## YOUR OBJECTIVE
Among the entries that follow, find the lines containing the string "none" and copy them.

## GIVEN RECORDS
▼▼▼

-- ===== src/Shm/Transfer.antt =====
-- `udo_shm_data_write` and `udo_shm_data_read`: a message of one process, an `int` at a time
pub mod Copies
pub mod Bytes
pub mod Calls
pub mod RoundTrip
use libcando.Base.{
  ℕ, zero, suc, ◌+◌, ◌-◌, ◌*◌, ◌^◌, Bool, true, false, not, ◌||◌, ◌&&◌, ◌/◌, Option, none, some,
  List, [], ◌∷◌, get_or, ◌==◌, ltb, leb, if◌then◌else◌, Outcome, ok, fault, ◌>>=◌,
}
use libcando.Base.Memory.{Mem, memcpy, memset}
use libcando.Futex.{locked, unlocked, unlock_force}
use libcando.Shm.{Proc, Shm, Segment, eintr, put, check_proc_index}

-- The loop of `udo_shm_data_write` from `s` on, with fuel
pub write_loop : (fuel s size : ℕ) → (to : ℕ) → Mem → Mem → Mem
write_loop zero s size to bytes buffer = bytes
write_loop (suc fuel) s size to bytes buffer =
    let rest = write_loop fuel (s + 4) size to (memcpy bytes (to + s) buffer s 4) buffer in
    if ltb s size then rest else bytes

-- The loop of `udo_shm_data_read` from `s` on, with fuel: the shared bytes and the reader's.
-- `__atomic_clear` clears one byte.
pub read_loop : (fuel s size : ℕ) → (from : ℕ) → Mem → Mem → Mem × Mem
read_loop zero s size from bytes buffer = (bytes, buffer)
read_loop (suc fuel) s size from bytes buffer =
    let rest =
      read_loop fuel (s + 4) size from (memset bytes (from + s) 0 1)
        (memcpy buffer s bytes (from + s) 4) in
    if ltb s size then rest else (bytes, buffer)

-- `struct udo_shm_data_info`, less its data, which is not NULL
pub record DataInfo : Type 0 where
  pub size : ℕ
  pub proc_index : ℕ

-- How `udo_futex_lock` ends as far as no other process acts
pub data Locking : Type 0 where
  free : Locking
  forced : Locking
  taken : Locking

abbrev pub lock : (word : ℕ) → Locking
lock word = if word == unlocked then free else if word == unlock_force then forced else taken

-- How a transfer ends: refused, with `-EINTR`, asleep on its futex, or done with 0. It leaves the
-- shared memory, the caller's data and errno.
pub data Transfer : Type 0 where
  refused : Transfer
  interrupted : (errno : ℕ) → Segment → Transfer
  waits : Transfer
  done : Segment → (buffer : Mem) → Transfer

-- Whether the loops reach past the mapping, which has `limit` bytes: they move whole `int`s.
abbrev pub runs_off : Proc → (limit size : ℕ) → Bool
runs_off p limit size = not (size == 0) && ltb limit (p.data_off + 4 * ((size + 3) / 4))

-- `udo_shm_data_write` behind its checks, with a mapping of `limit` bytes; without an entry the futex and the data are NULL.
pub send : (limit : ℕ) → Option Proc → Segment → (errno size : ℕ) → Mem → Outcome Transfer
unfolding write_loop
send limit none seg errno size buffer =
    if errno == eintr
    then ok (interrupted errno seg)
    else if size == 0
    then ok (done seg buffer)
    else fault
send limit (some p) seg errno size buffer =
    let held = put seg.words p.wr_fux locked in
    let sent = write_loop size 0 size p.data_off seg.bytes buffer in
    elim (lock (seg.words p.wr_fux)) [
      | taken ↦ ok waits
      | forced ↦ ok (interrupted eintr seg)
      | free ↦
          if errno == eintr
          then ok (interrupted errno (record seg { words = held }))
          else if runs_off p limit size
          then fault
          else ok (done (record { words = put held p.rd_fux unlocked; bytes = sent }) buffer)
    ]

-- `udo_shm_data_read` behind its checks
unfoldable pub receive :
    (limit : ℕ) → Option Proc → Segment → (errno size : ℕ) → Mem → Outcome Transfer
unfolding read_loop
receive limit none seg errno size buffer =
    if errno == eintr
    then ok (interrupted errno seg)
    else if size == 0
    then ok (done seg buffer)
    else fault
receive limit (some p) seg errno size buffer =
    let held = put seg.words p.rd_fux locked in
    let got = read_loop size 0 size p.data_off seg.bytes buffer in
    elim (lock (seg.words p.rd_fux)) [
      | taken ↦ ok waits
      | forced ↦ ok (interrupted eintr seg)
      | free ↦
          if errno == eintr
          then ok (interrupted errno (record seg { words = held }))
          else if runs_off p limit size
          then fault
          else ok (done (record { words = put held p.wr_fux unlocked; bytes = got.0 }) got.1)
    ]

-- `udo_shm_data_write` of a context and data that are not NULL, with the errno that it is called
-- with
pub write : Shm → Segment → (errno : ℕ) → DataInfo → Mem → Outcome Transfer
unfolding send check_proc_index
write shm seg errno info buffer =
    if check_proc_index seg info.proc_index
    then ok refused
    else send shm.data_sz (get_or shm.procs info.proc_index none) seg errno info.size buffer

-- `udo_shm_data_read`, likewise
unfoldable pub read : Shm → Segment → (errno : ℕ) → DataInfo → Mem → Outcome Transfer
unfolding receive check_proc_index
read shm seg errno info buffer =
    if check_proc_index seg info.proc_index
    then ok refused
    else receive shm.data_sz (get_or shm.procs info.proc_index none) seg errno info.size buffer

▲▲▲

## RESPONSE TO THIS TASK
  ℕ, zero, suc, ◌+◌, ◌-◌, ◌*◌, ◌^◌, Bool, true, false, not, ◌||◌, ◌&&◌, ◌/◌, Option, none, some,
send limit none seg errno size buffer =
receive limit none seg errno size buffer =
    else send shm.data_sz (get_or shm.procs info.proc_index none) seg errno info.size buffer
    else receive shm.data_sz (get_or shm.procs info.proc_index none) seg errno info.size buffer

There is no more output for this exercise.